How to migrate from Google Calendar to Outlook Calendar
What real users say
Google Calendar: Users consistently praise Google Calendar's speed and the natural-language event creation (typing 'Lunch with Sarah Friday 1pm' auto-fills everything). The most common complaint is that Appointment Schedules — the built-in Calendly equivalent — requires a paid Workspace plan and lacks advanced routing rules.
Outlook Calendar: Outlook Calendar users appreciate the tight Exchange integration and the Scheduling Assistant's org-wide free/busy view, calling it essential for coordinating large meetings. The recurring complaint is the mobile app's complexity — combining email and calendar in one pane frustrates users who simply want to check their schedule.
Sources: G2Reddit r/productivityApp Store reviews
Final verdict
Choose Google Calendar if...
- Choose Google Calendar if your team runs on Google Workspace and you rely on tools like Gmail, Google Meet, or Google Drive daily.
- Choose Google Calendar if you're a freelancer or small business owner who needs a clean scheduling UI and wide Calendly/Zapier integrations without paying for a full enterprise suite.

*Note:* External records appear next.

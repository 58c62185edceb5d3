-- ===== src/Abi/Examples.antt =====
-- Runs and instances for the models of src/target/std-evm-abi.
use rustevm.Base.{
  ◌+◌, ◌^◌, ◌<◌, ◌≡◌, refl, true, List, [], ◌∷◌, ◌++◌, if◌then◌else◌, leb, ◌-◌, ◌&&◌, length, ok,
  err, arith,
}
use rustevm.Base.Bytes.{be_value, to_be_bytes}
use rustevm.Base.Utf8.{is_utf8}
use rustevm.Isa.{Str, bytes}
use rustevm.Abi.Word.{Word, negsuc, word_from_u128, word_from_i128, i128_bits}
use rustevm.Abi.Codec.{
  truncated, word_from_usize, padding, encode_bytes, read_word, decode_bytes, read_usize,
}
use rustevm.Abi.Codec.Accepts.{decode_bytes-ok}
use rustevm.Abi.Codec.Stands.{Stands}
use rustevm.Abi.Tuple.{head_length, head_size, encode_from, encode_tuple}
use rustevm.Abi.Value.{
  AbiType, uint, int, bool, string, Values, w8, w16, bool_to_u128, to_component, components, decode,
  decode_args,
}
use rustevm.Abi.Value.RoundTrip.{decode_args-encode_tuple}
use rustevm.Abi.Names.{split, nonempty, capitalised, char_size, join, camel_case}

abbrev types : List AbiType
types = uint w16 ∷ string ∷ int w8 ∷ bool ∷ []

abbrev values : Values types
values = (300, (bytes "hi", (negsuc 4, (true, tt))))

types_short : length (encode_tuple (components types values) ++ []) < 256 ^ 4
unfolding encode_tuple components to_component head_size head_length encode_from word_from_usize
    word_from_u128 word_from_i128 i128_bits bool_to_u128 to_be_bytes encode_bytes padding
types_short = omega arith

valid_text : is_utf8 (bytes "hi") ≡ true
unfolding is_utf8
valid_text = refl

decode_args-encode_tuple_example :
    decode_args 4 types (encode_tuple (components types values) ++ []) ≡ ok values
decode_args-encode_tuple_example =
    decode_args-encode_tuple 4 types values [] (omega arith)
      (omega arith, (valid_text, (omega arith, (tt, tt)))) types_short

-- The head slot of the string of `types`.
string_found : decode_bytes 4 (encode_tuple (components types values)) 32 ≡ ok (bytes "hi")
unfolding encode_tuple components to_component head_size head_length encode_from word_from_usize
    word_from_u128 word_from_i128 i128_bits bool_to_u128 to_be_bytes encode_bytes padding
    decode_bytes read_usize read_word be_value
string_found = refl

decode_bytes-ok_example :
    (slot : Word) × (count : Word) × Stands (encode_tuple (components types values)) 32 slot
    × (length slot ≡ 32)
    × Stands (encode_tuple (components types values)) (be_value slot) count
    × (length count ≡ 32)
    × (be_value count ≡ length (bytes "hi"))
    × Stands (encode_tuple (components types values)) (be_value slot + 32) (bytes "hi")
decode_bytes-ok_example = decode_bytes-ok 4 (encode_tuple (components types values)) 32 string_found

-- Truncated calldata is refused.
short_calldata : decode_args 4 types (bytes "abc") ≡ err truncated
unfolding decode_args decode read_word
short_calldata = refl

-- `char::to_uppercase` on ASCII.
abbrev ascii_upper : Str → Str
ascii_upper [] = []
ascii_upper (c ∷ cs) = (if leb b'a' c && leb c b'z' then c - 32 else c) ∷ cs

balance_of : camel_case ascii_upper (bytes "_balance__of") ≡ bytes "balanceOf"
unfolding camel_case join nonempty capitalised char_size split
balance_of = refl
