-- ===== src/Abi/Names/Camel.antt =====
-- What `camel_case` of src/target/std-evm-abi/src/types.rs returns.
use rustevm.Base.{
  ℕ, zero, suc, take, drop, ◌≡◌, refl, true, false, not, List, [], ◌∷◌, ◌++◌, ◌==◌, all, All,
  Bool-cases, inl, inr, arith,
}
use mathlib.Core.List.{append-nil}
use mathlib.Core.Bool.{and-eq-true_iff}
use rustevm.Isa.{Str}
use rustevm.Abi.Names.{
  underscore, char_size, split, cons_to_first, nonempty, capitalised, capitalised_all, join,
  camel_case, Plain,
}

Plain-append : (a b : Str) → Plain a → Plain b → Plain (a ++ b)
Plain-append [] b h k = k
Plain-append (c ∷ a) b h k =
    let (first, rest) = (and-eq-true_iff _ _).0 h in
    (and-eq-true_iff _ _).1 (first, Plain-append a b rest k)

take-Plain : (n : ℕ) (cs : Str) → Plain cs → Plain (take n cs)
take-Plain zero cs h = refl
take-Plain (suc n) [] h = refl
take-Plain (suc n) (c ∷ cs) h =
    let (first, rest) = (and-eq-true_iff _ _).0 h in
    (and-eq-true_iff _ _).1 (first, take-Plain n cs rest)

drop-Plain : (n : ℕ) (cs : Str) → Plain cs → Plain (drop n cs)
drop-Plain zero cs h = h
drop-Plain (suc n) [] h = refl
drop-Plain (suc n) (c ∷ cs) h = drop-Plain n cs ((and-eq-true_iff _ _).0 h).1

cons_to_first-Plain :
    (c : ℕ) (segments : List Str)
    → not (c == underscore) ≡ true
    → All Plain segments
    → All Plain (cons_to_first c segments)
unfolding cons_to_first
cons_to_first-Plain c [] h hs = ((and-eq-true_iff _ _).1 (h, refl), tt)
cons_to_first-Plain c (segment ∷ segments) h (k, ks) = ((and-eq-true_iff _ _).1 (h, k), ks)

split-Plain : (cs : Str) → All Plain (split underscore cs)
unfolding split
split-Plain [] = (refl, tt)
split-Plain (c ∷ cs) = elim (Bool-cases (c == underscore)) [
  | inl here ↦ rw here (refl, split-Plain cs)
  | inr other ↦
      let kept : not (c == underscore) ≡ true = rw other in
      rw other (cons_to_first-Plain c (split underscore cs) kept (split-Plain cs))
]

nonempty-Plain : (segments : List Str) → All Plain segments → All Plain (nonempty segments)
unfolding nonempty
nonempty-Plain [] h = tt
nonempty-Plain ([] ∷ segments) (h, hs) = nonempty-Plain segments hs
nonempty-Plain ((c ∷ cs) ∷ segments) (h, hs) = (h, nonempty-Plain segments hs)

module _ (upper : Str → Str) (upper-Plain : (c : Str) → Plain c → Plain (upper c)) where
  capitalised-Plain : (segment : Str) → Plain segment → Plain (capitalised upper segment)
  unfolding capitalised
  capitalised-Plain [] h = refl
  capitalised-Plain (c ∷ cs) h =
      let size = char_size c in
      Plain-append (upper (take size (c ∷ cs))) (drop size (c ∷ cs))
        (upper-Plain (take size (c ∷ cs)) (take-Plain size (c ∷ cs) h)) (drop-Plain size (c ∷ cs) h)

  capitalised_all-Plain :
      (segments : List Str) → All Plain segments → Plain (capitalised_all upper segments)
  unfolding capitalised_all
  capitalised_all-Plain [] h = refl
  capitalised_all-Plain (segment ∷ segments) (h, hs) =
      Plain-append (capitalised upper segment) (capitalised_all upper segments)
        (capitalised-Plain segment h) (capitalised_all-Plain segments hs)

  join-Plain : (segments : List Str) → All Plain segments → Plain (join upper segments)
  unfolding join
  join-Plain [] h = refl
  join-Plain (segment ∷ segments) (h, hs) =
      Plain-append segment (capitalised_all upper segments) h (capitalised_all-Plain segments hs)

  camel_case_segments : (ident : Str) → Plain (camel_case upper ident)
  unfolding camel_case
  camel_case_segments ident =
      join-Plain (nonempty (split underscore ident))
        (nonempty-Plain (split underscore ident) (split-Plain ident))

split-Plain_one : (cs : Str) → Plain cs → split underscore cs ≡ cs ∷ []
unfolding split cons_to_first
split-Plain_one [] h = refl
split-Plain_one (c ∷ cs) h =
    let (first, rest) =
      (and-eq-true_iff (not (c == underscore)) (all (λ b. not (b == underscore)) cs)).0 h in
    let other : (c == underscore) ≡ false = ground arith in rw (other, split-Plain_one cs rest)

join_one : (upper : Str → Str) (cs : Str) → join upper (nonempty (cs ∷ [])) ≡ cs
unfolding join nonempty capitalised_all
join_one upper [] = refl
join_one upper (c ∷ cs) = append-nil (c ∷ cs)

camel_case_fixed-Plain : (upper : Str → Str) (cs : Str) → Plain cs → camel_case upper cs ≡ cs
unfolding camel_case
camel_case_fixed-Plain upper cs h = rw (split-Plain_one cs h) (join_one upper cs)

-- For an `upper` that makes no underscore of a character that is none: the camel-case name of any
-- identifier has no underscore, and it is its own camel-case name.
pub camel_case-Plain :
    (upper : Str → Str) (ident : Str)
    → ((c : Str) → Plain c → Plain (upper c))
    → Plain (camel_case upper ident)
      × (camel_case upper (camel_case upper ident) ≡ camel_case upper ident)
camel_case-Plain upper ident upper-Plain =
    let plain = camel_case_segments upper upper-Plain ident in
    (plain, camel_case_fixed-Plain upper (camel_case upper ident) plain)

- Choose Google Calendar if mobile-first calendar access matters — the standalone Google Calendar app on iOS and Android is faster and more focused than Outlook Mobile.
Choose Outlook Calendar if...
- Choose Outlook Calendar if your organization is on Microsoft 365 with Exchange — the native free/busy lookups, room booking, and delegate access are not replicable without it.
- Choose Outlook Calendar if your role requires managing other people's calendars or acting as a delegate/assistant, where Outlook's permission model is far more granular.
- Choose Outlook Calendar if you need full offline desktop access to your calendar, since Outlook's desktop client works completely without an internet connection.
Consider neither if: Consider a dedicated tool like Fantastical or Vimcal if you need advanced natural-language parsing, multi-account calendar views across both Google and Microsoft accounts, or AI-driven scheduling that neither native calendar handles natively.